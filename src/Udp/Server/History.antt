-- ===== src/Udp/Server/History.antt =====
-- Histories of calls of the server of src/network/reliable_udp.cpp.
use zero_latency_yolo.Base.{
  ℕ, ◌<◌, ◌≡◌, refl, sym, Bool, false, not, List, [], ◌∷◌, arith, length, subst, All, if-cases,
}
use zero_latency_yolo.Base.Table.{Keys, Absent}
use zero_latency_yolo.Protocol.{Abi, ClientInfo}
use zero_latency_yolo.Udp.{ReliableUdpConfig, Address, ClientConnection, is_same_addr}
use zero_latency_yolo.Udp.Server.{
  ReliableUdpServer, SystemAnswers, initialize, Stats, Effect, Result, new_server, start, stop,
  set_packet_handler, register_client, remove_client,
}
use zero_latency_yolo.Udp.Server.Send.{SendResult, send_packet}
use zero_latency_yolo.Udp.Server.Receive.{receive_datagram}
use zero_latency_yolo.Udp.Server.Manage.{
  check_client_timeouts, retransmit_client, retransmit_clients, handle_retransmissions,
  handle_aggregated_packets, manage,
}
use zero_latency_yolo.Udp.Server.Valid.{IsConnection, retransmit_client-IsConnection}
use zero_latency_yolo.Udp.Server.Addresses.{Elsewhere, Distinct}
use zero_latency_yolo.Udp.Server.Invariant.{
  IsServer, erase_all-AreClients, register_client-IsServer,
}
use zero_latency_yolo.Udp.Server.Preserve.{
  remove_client-IsServer, send_packet-IsServer, receive_datagram-IsServer,
}
use zero_latency_yolo.Udp.Server.Retransmit.{address-retransmit_client}

-- What a pass over all clients keeps of each.
Absent-retransmit_clients :
    (config : ReliableUdpConfig) (now k : ℕ) (m : List (ℕ × ClientConnection)) (stats : Stats)
    (effects : List Effect)
    → Absent k m
    → Absent k (retransmit_clients config now m stats effects).0
unfolding retransmit_clients
Absent-retransmit_clients config now k [] stats effects h = tt
Absent-retransmit_clients config now k ((j, c) ∷ m) stats effects h =
    (h.0, Absent-retransmit_clients config now k m _ _ h.1)

Elsewhere-retransmit_clients :
    (config : ReliableUdpConfig) (now : ℕ) (a : Address) (m : List (ℕ × ClientConnection))
    (stats : Stats) (effects : List Effect)
    → Elsewhere a m
    → Elsewhere a (retransmit_clients config now m stats effects).0
unfolding retransmit_clients
Elsewhere-retransmit_clients config now a [] stats effects h = tt
Elsewhere-retransmit_clients config now a ((j, c) ∷ m) stats effects h = (
  subst (λ b. is_same_addr b a ≡ false) (sym (address-retransmit_client config now c stats effects))
      h.0,
  Elsewhere-retransmit_clients config now a m _ _ h.1,
)

Keys-retransmit_clients :
    (config : ReliableUdpConfig) (now : ℕ) (m : List (ℕ × ClientConnection)) (stats : Stats)
    (effects : List Effect)
    → Keys m
    → Keys (retransmit_clients config now m stats effects).0
unfolding retransmit_clients
Keys-retransmit_clients config now [] stats effects h = tt
Keys-retransmit_clients config now ((j, c) ∷ m) stats effects h =
    (Absent-retransmit_clients config now j m _ _ h.0, Keys-retransmit_clients config now m _ _ h.1)

Distinct-retransmit_clients :
    (config : ReliableUdpConfig) (now : ℕ) (m : List (ℕ × ClientConnection)) (stats : Stats)
    (effects : List Effect)
    → Distinct m
    → Distinct (retransmit_clients config now m stats effects).0
unfolding retransmit_clients
Distinct-retransmit_clients config now [] stats effects h = tt
Distinct-retransmit_clients config now ((j, c) ∷ m) stats effects h =
    let (c', stats', effects') = retransmit_client config now c stats effects in
    (
      subst (λ a. Elsewhere a (retransmit_clients config now m stats' effects').0)
          (sym (address-retransmit_client config now c stats effects))
          (Elsewhere-retransmit_clients config now c.address m stats' effects' h.0),
      Distinct-retransmit_clients config now m stats' effects' h.1,
    )

length-retransmit_clients :
    (config : ReliableUdpConfig) (now : ℕ) (m : List (ℕ × ClientConnection)) (stats : Stats)
    (effects : List Effect)
    → length (retransmit_clients config now m stats effects).0 ≡ length m
unfolding retransmit_clients
length-retransmit_clients config now [] stats effects = refl
length-retransmit_clients config now ((j, c) ∷ m) stats effects =
    let (c', stats', effects') = retransmit_client config now c stats effects in
    omega (arith, length-retransmit_clients config now m stats' effects')

valid-retransmit_clients :
    (config : ReliableUdpConfig) (now : ℕ) (m : List (ℕ × ClientConnection)) (stats : Stats)
    (effects : List Effect)
    → config.max_retries < 256
    → All (λ e. IsConnection config e.1) m
    → All (λ e. IsConnection config e.1) (retransmit_clients config now m stats effects).0
unfolding retransmit_clients
valid-retransmit_clients config now [] stats effects hm h = tt
valid-retransmit_clients config now ((j, c) ∷ m) stats effects hm h = (
  retransmit_client-IsConnection config now c stats effects hm h.0,
  valid-retransmit_clients config now m _ _ hm h.1,
)

handle_retransmissions-IsServer :
    (s : ReliableUdpServer) (now : ℕ) → IsServer s → IsServer (handle_retransmissions s now).0
unfolding handle_retransmissions
handle_retransmissions-IsServer s now h = record {
  byte = h.byte;
  clients = record {
    keys = Keys-retransmit_clients s.config now s.clients s.stats [] h.clients.keys;
    distinct = Distinct-retransmit_clients s.config now s.clients s.stats [] h.clients.distinct;
    count =
        omega (arith, length-retransmit_clients s.config now s.clients s.stats [], h.clients.count);
    valid = valid-retransmit_clients s.config now s.clients s.stats [] h.byte h.clients.valid;
  };
}

manage-IsServer : (s : ReliableUdpServer) (now : ℕ) → IsServer s → IsServer (manage s now).0
unfolding manage check_client_timeouts handle_aggregated_packets
manage-IsServer s now h =
    let checked : IsServer (check_client_timeouts s now).0 = record {
      byte = h.byte;
      clients = erase_all-AreClients s.config _ s.clients h.clients;
    } in
    let sent = handle_retransmissions-IsServer _ now checked in
    record { byte = sent.byte; clients = sent.clients }

-- The calls that a program makes of the server, its threads' included.
pub data Call : Type 0 where
  initializes : SystemAnswers → Call
  starts stops sets_handler : Call
  registers : Address → ClientInfo → ℕ → Call
  removes : ℕ → Call
  sends : List ℕ → Address → Bool → ℕ → SendResult → Call
  receives : List ℕ → Address → ℕ → Call
  manages : ℕ → Call

unfoldable pub call : Abi → ReliableUdpServer → Call → ReliableUdpServer
call abi s (initializes o) = (initialize o s).0
call abi s starts = (start s).0
call abi s stops = (stop s).0
call abi s sets_handler = set_packet_handler s
call abi s (registers a info now) = (register_client s a info now).0
call abi s (removes id) = (remove_client s id).0
call abi s (sends content a reliable now result) = (send_packet s content a reliable now result).0
call abi s (receives bytes a now) = (receive_datagram abi s bytes a now).0
call abi s (manages now) = (manage s now).0

unfoldable pub calls : Abi → ReliableUdpServer → List Call → ReliableUdpServer
calls abi s [] = s
calls abi s (c ∷ cs) = calls abi (call abi s c) cs

call-IsServer :
    (abi : Abi) (s : ReliableUdpServer) (c : Call) → IsServer s → IsServer (call abi s c)
unfolding call initialize start stop set_packet_handler
call-IsServer abi s (initializes o) h = record { byte = h.byte; clients = h.clients }
call-IsServer abi s starts h =
    let P = λ (r : ReliableUdpServer × Result (Unit {0}) × List Effect). IsServer r.0 in
    if-cases P (not s.socket_open) (λ _. h)
      (λ _. if-cases P s.running (λ _. h) (λ _. record { byte = h.byte; clients = h.clients }))
call-IsServer abi s stops h =
    if-cases (λ (r : ReliableUdpServer × Result (Unit {0}) × List Effect). IsServer r.0)
      (not s.running) (λ _. h)
      (λ _. record {
        byte = h.byte;
        clients = record { keys = tt; distinct = tt; count = omega arith; valid = tt };
      })
call-IsServer abi s sets_handler h = record { byte = h.byte; clients = h.clients }
call-IsServer abi s (registers a info now) h = register_client-IsServer s a info now h
call-IsServer abi s (removes id) h = remove_client-IsServer s id h
call-IsServer abi s (sends content a reliable now result) h =
    send_packet-IsServer s content a reliable now result h
call-IsServer abi s (receives bytes a now) h = receive_datagram-IsServer abi s bytes a now h
call-IsServer abi s (manages now) h = manage-IsServer s now h

calls_kept :
    (abi : Abi) (s : ReliableUdpServer) (cs : List Call) → IsServer s → IsServer (calls abi s cs)
unfolding calls
calls_kept abi s [] h = h
calls_kept abi s (c ∷ cs) h = calls_kept abi (call abi s c) cs (call-IsServer abi s c h)

-- With `max_retries` below 256, whatever calls are made of a new server, in whatever order and at whatever times: its clients have
-- different ids and different addresses and are no more than `max_clients`; no waiting packet has
-- been tried more than `max_retries` times; and each client's congestion window is at least 1, its
-- slow start threshold at least 2 and its timeout between 200 and 10000 milliseconds.
pub calls-IsServer :
    (abi : Abi) (config : ReliableUdpConfig) (cs : List Call)
    → config.max_retries < 256
    → IsServer (calls abi (new_server config) cs)
unfolding new_server
calls-IsServer abi config cs hm = calls_kept abi (new_server config) cs (record {
  byte = hm;
  clients = record { keys = tt; distinct = tt; count = omega arith; valid = tt };
})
+-------+
In the listing above, find the line containing "(handle_retransmissions s now).0" and the line containing "call abi s (initializes", then repeat those two lines and everything between them exactly.

    (s : ReliableUdpServer) (now : ℕ) → IsServer s → IsServer (handle_retransmissions s now).0
unfolding handle_retransmissions
handle_retransmissions-IsServer s now h = record {
  byte = h.byte;
  clients = record {
    keys = Keys-retransmit_clients s.config now s.clients s.stats [] h.clients.keys;
    distinct = Distinct-retransmit_clients s.config now s.clients s.stats [] h.clients.distinct;
    count =
        omega (arith, length-retransmit_clients s.config now s.clients s.stats [], h.clients.count);
    valid = valid-retransmit_clients s.config now s.clients s.stats [] h.byte h.clients.valid;
  };
}

manage-IsServer : (s : ReliableUdpServer) (now : ℕ) → IsServer s → IsServer (manage s now).0
unfolding manage check_client_timeouts handle_aggregated_packets
manage-IsServer s now h =
    let checked : IsServer (check_client_timeouts s now).0 = record {
      byte = h.byte;
      clients = erase_all-AreClients s.config _ s.clients h.clients;
    } in
    let sent = handle_retransmissions-IsServer _ now checked in
    record { byte = sent.byte; clients = sent.clients }

-- The calls that a program makes of the server, its threads' included.
pub data Call : Type 0 where
  initializes : SystemAnswers → Call
  starts stops sets_handler : Call
  registers : Address → ClientInfo → ℕ → Call
  removes : ℕ → Call
  sends : List ℕ → Address → Bool → ℕ → SendResult → Call
  receives : List ℕ → Address → ℕ → Call
  manages : ℕ → Call

unfoldable pub call : Abi → ReliableUdpServer → Call → ReliableUdpServer
call abi s (initializes o) = (initialize o s).0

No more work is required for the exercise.